§ **Task description**:
Return, exactly and in full, the lines of the records below starting at the one with "any-update_where_kept (x ∷" and ending at the one with "any-update_where_only [] x u h k off = cc", and no other lines.

Task input Start Marker

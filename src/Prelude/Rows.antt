-- ===== src/Prelude/Rows.antt =====
-- Laws of the searches, filters and updates of Prelude/Lists, and of lists no two of whose
-- elements are related.
use Prim.Native.Nat.{◌≤◌}
use mathlib.Core.Path.{◌≡◌, refl}
use mathlib.Core.Bool.{Bool, true, false}
use mathlib.Core.Option.{none, some}
use mathlib.Core.List.{List, [], ◌∷◌, ◌++◌}
use mathlib.Core.Logic.{inl, inr}
use native.Mathlib.Omega.{arith}
use my_kb.Prelude.Tests.{if◌then◌else◌, Bool-cases}
use my_kb.Prelude.Lists.{length, find_row, select, update_where, any}

module _ {ℓ} {A : Type ℓ} where
  pub find_row-holds : (p : A → Bool) (xs : List A) (x : A) → find_row p xs ≡ some x → p x ≡ true
  find_row-holds p [] x h = ground arith
  find_row-holds p (y ∷ ys) x h = ground (arith, find_row-holds p ys x)

  pub find_row-none : (p : A → Bool) (xs : List A) → any p xs ≡ false → find_row p xs ≡ none
  find_row-none p [] h = refl
  find_row-none p (y ∷ ys) h = ground (arith, find_row-none p ys)

  -- A row appended is found only where no row before it is.
  pub find_row-append :
      (p : A → Bool) (xs : List A) (y : A)
      → find_row p xs ≡ none
      → find_row p (xs ++ y ∷ []) ≡ (if p y then some y else none)
  find_row-append p [] y h = refl
  find_row-append p (x ∷ xs) y h = ground (arith, find_row-append p xs y)

  pub find_row-append_found :
      (p : A → Bool) (xs : List A) (y x : A)
      → find_row p xs ≡ some x
      → find_row p (xs ++ y ∷ []) ≡ some x
  find_row-append_found p [] y x h = ground arith
  find_row-append_found p (z ∷ zs) y x h = ground (arith, find_row-append_found p zs y x)

  pub any-append :
      (p : A → Bool) (xs : List A) (y : A)
      → any p xs ≡ false
      → p y ≡ false
      → any p (xs ++ y ∷ []) ≡ false
  any-append p [] y h k = ground arith
  any-append p (x ∷ xs) y h k = ground (arith, any-append p xs y)

  -- A weaker test finds nothing where a stronger one does not.
  pub any_mono :
      (p q : A → Bool) (weaker : (a : A) → q a ≡ true → p a ≡ true) (xs : List A)
      → any p xs ≡ false
      → any q xs ≡ false
  any_mono p q weaker [] h = refl
  any_mono p q weaker (x ∷ xs) h = ground (arith, weaker x, any_mono p q weaker xs)

  pub select-none : (p : A → Bool) (xs : List A) → any p xs ≡ false → select p xs ≡ []
  select-none p [] h = refl
  select-none p (x ∷ xs) h = ground (arith, select-none p xs)

  -- No element is related to a later one.
  abbrev pub PairwiseNot : (A → A → Bool) → List A → Type 0
  PairwiseNot r [] = Unit
  PairwiseNot r (x ∷ xs) = (any (r x) xs ≡ false) × PairwiseNot r xs

  module _ (r : A → A → Bool) (symmetric : (a b : A) → r a b ≡ r b a) where
    pub PairwiseNot-append :
        (xs : List A) (y : A)
        → any (r y) xs ≡ false
        → PairwiseNot r xs
        → PairwiseNot r (xs ++ y ∷ [])
    PairwiseNot-append [] y h k = (refl, tt)
    PairwiseNot-append (x ∷ xs) y h k = (
      any-append (r x) xs y k.0 (ground (arith, symmetric x y)),
      PairwiseNot-append xs y (ground arith) k.1,
    )

  -- An update that relates no two elements anew.
  module _ (r : A → A → Bool) (p : A → Bool) (f : A → A)
      (shrinks : (a b : A)
        → r (if p a then f a else a) (if p b then f b else b) ≡ true
        → r a b ≡ true) where
    any-update_where :
        (x : A) (xs : List A)
        → any (r x) xs ≡ false
        → any (r (if p x then f x else x)) (update_where p f xs) ≡ false
    any-update_where x [] h = refl
    any-update_where x (y ∷ ys) h = ground (arith, shrinks x y, any-update_where x ys)

    pub PairwiseNot-update_where :
        (xs : List A) → PairwiseNot r xs → PairwiseNot r (update_where p f xs)
    PairwiseNot-update_where [] k = tt
    PairwiseNot-update_where (x ∷ xs) k =
        (any-update_where x xs k.0, PairwiseNot-update_where xs k.1)

  -- Where any two elements that pass the test are related, at most one passes.
  module _ (r : A → A → Bool) (q : A → Bool)
      (related : (a b : A) → q a ≡ true → q b ≡ true → r a b ≡ true) where
    pub no_other : (x : A) (xs : List A) → q x ≡ true → any (r x) xs ≡ false → any q xs ≡ false
    no_other x [] h k = refl
    no_other x (y ∷ ys) h k = ground (arith, related x y, no_other x ys)

    pub length-select-le-one : (xs : List A) → PairwiseNot r xs → length (select q xs) ≤ 1
    length-select-le-one [] k = omega arith
    length-select-le-one (x ∷ xs) k = elim (Bool-cases (q x)) [
      | inl e ↦ rw e (rw (select-none q xs (no_other x xs e k.0)) (omega arith))
      | inr e ↦ rw e (length-select-le-one xs k.1)
    ]

    -- The row found is the only one, so a stronger test finds it or nothing.
    pub find_row-narrow :
        (q' : A → Bool) (narrower : (a : A) → q' a ≡ true → q a ≡ true) (xs : List A) (x : A)
        → PairwiseNot r xs
        → find_row q xs ≡ some x
        → find_row q' xs ≡ (if q' x then some x else none)
    find_row-narrow q' narrower [] x k h = ground arith
    find_row-narrow q' narrower (y ∷ ys) x k h = elim (Bool-cases (q y)) [
      | inl e ↦
          let nobody : find_row q' ys ≡ none =
            find_row-none q' ys (any_mono q q' narrower ys (no_other y ys e k.0)) in
          ground arith
      | inr e ↦ ground (arith, narrower y, find_row-narrow q' narrower ys x k.1)
    ]

  -- Tests that an update does not change, or only turns off.
  module _ (q : A → Bool) (p : A → Bool) (f : A → A)
      (weaker : (a : A) → q (if p a then f a else a) ≡ true → q a ≡ true) where
    pub any-update_where_off :
        (xs : List A) → any q xs ≡ false → any q (update_where p f xs) ≡ false
    any-update_where_off [] h = refl
    any-update_where_off (x ∷ xs) h = ground (arith, weaker x, any-update_where_off xs)

  -- After an update, only rows that passed the test `q` may pass the test `q'`.
  pub any-update_where_into :
      (q q' p : A → Bool) (f : A → A)
      (weaker : (a : A) → q' (if p a then f a else a) ≡ true → q a ≡ true) (xs : List A)
      → any q xs ≡ false
      → any q' (update_where p f xs) ≡ false
  any-update_where_into q q' p f weaker [] h = refl
  any-update_where_into q q' p f weaker (x ∷ xs) h =
      ground (arith, weaker x, any-update_where_into q q' p f weaker xs)

  module _ (q : A → Bool) (p : A → Bool) (f : A → A)
      (kept : (a : A) → q (if p a then f a else a) ≡ q a) where
    pub any-update_where_kept : (xs : List A) → any q (update_where p f xs) ≡ any q xs
    any-update_where_kept [] = refl
    any-update_where_kept (x ∷ xs) = ground (arith, kept x, any-update_where_kept xs)

  found-any :
      (p q : A → Bool) (xs : List A) (x : A) → find_row p xs ≡ some x → q x ≡ true → any q xs ≡ true
  found-any p q [] x h k = cc
  found-any p q (y ∷ ys) x h k = ground (arith, found-any p q ys x)

  -- An update that turns the test off at the only row that passes it.
  module _ (r : A → A → Bool) (q : A → Bool)
      (related : (a b : A) → q a ≡ true → q b ≡ true → r a b ≡ true) (p : A → Bool) (f : A → A)
      (weaker : (a : A) → q (if p a then f a else a) ≡ true → q a ≡ true) where
    pub any-update_where_only :
        (xs : List A) (x : A)
        → PairwiseNot r xs
        → find_row p xs ≡ some x
        → q x ≡ true
        → q (f x) ≡ false
        → any q (update_where p f xs) ≡ false
    any-update_where_only [] x u h k off = cc
    any-update_where_only (y ∷ ys) x u h k off = elim (Bool-cases (p y)) [
      | inl e ↦
          let same : some y ≡ some x = rw e at h in
          let rest =
            any-update_where_off q p f weaker ys (no_other r q related y ys (ground arith) u.0) in
          ground arith
      | inr e ↦ elim (Bool-cases (q y)) [
        | inl m ↦
            let there = found-any p q ys x (ground arith) k in
            let nobody = no_other r q related y ys m u.0 in absurd (cc)
        | inr m ↦ ground (arith, any-update_where_only ys x u.1)
      ]
    ]

  -- Two searches that find related rows find one row.
  pub found_same :
      (r : A → A → Bool) (symmetric : (a b : A) → r a b ≡ r b a) (p q : A → Bool) (xs : List A)
      (a b : A)
      → PairwiseNot r xs
      → find_row p xs ≡ some a
      → find_row q xs ≡ some b
      → r a b ≡ true
      → a ≡ b
  found_same r symmetric p q [] a b u h k s = cc
  found_same r symmetric p q (y ∷ ys) a b u h k s = elim (Bool-cases (p y)) [
    | inl e ↦ elim (Bool-cases (q y)) [
      | inl e' ↦ ground arith
      | inr e' ↦
          let first : y ≡ a = ground arith in
          let there = found-any q (r y) ys b (ground arith) (rw first s) in absurd (cc u.0)
    ]
    | inr e ↦ elim (Bool-cases (q y)) [
      | inl e' ↦
          let first : y ≡ b = ground arith in
          let there = found-any p (r y) ys a (ground arith) (rw (first, symmetric) s) in
          absurd (cc u.0)
      | inr e' ↦ found_same r symmetric p q ys a b u.1 (ground arith) (ground arith) s
    ]
  ]

  -- An update after which no row that it touched passes the test again.
  pub any-update_where_killed :
      (p : A → Bool) (f : A → A) (kills : (a : A) → p (f a) ≡ false) (xs : List A)
      → any p (update_where p f xs) ≡ false
  any-update_where_killed p f kills [] = refl
  any-update_where_killed p f kills (x ∷ xs) =
      ground (arith, kills x, any-update_where_killed p f kills xs)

Task input End Marker

§ **Output**:
    any-update_where_kept (x ∷ xs) = ground (arith, kept x, any-update_where_kept xs)

  found-any :
      (p q : A → Bool) (xs : List A) (x : A) → find_row p xs ≡ some x → q x ≡ true → any q xs ≡ true
  found-any p q [] x h k = cc
  found-any p q (y ∷ ys) x h k = ground (arith, found-any p q ys x)

  -- An update that turns the test off at the only row that passes it.
  module _ (r : A → A → Bool) (q : A → Bool)
      (related : (a b : A) → q a ≡ true → q b ≡ true → r a b ≡ true) (p : A → Bool) (f : A → A)
      (weaker : (a : A) → q (if p a then f a else a) ≡ true → q a ≡ true) where
    pub any-update_where_only :
        (xs : List A) (x : A)
        → PairwiseNot r xs
        → find_row p xs ≡ some x
        → q x ≡ true
        → q (f x) ≡ false
        → any q (update_where p f xs) ≡ false
    any-update_where_only [] x u h k off = cc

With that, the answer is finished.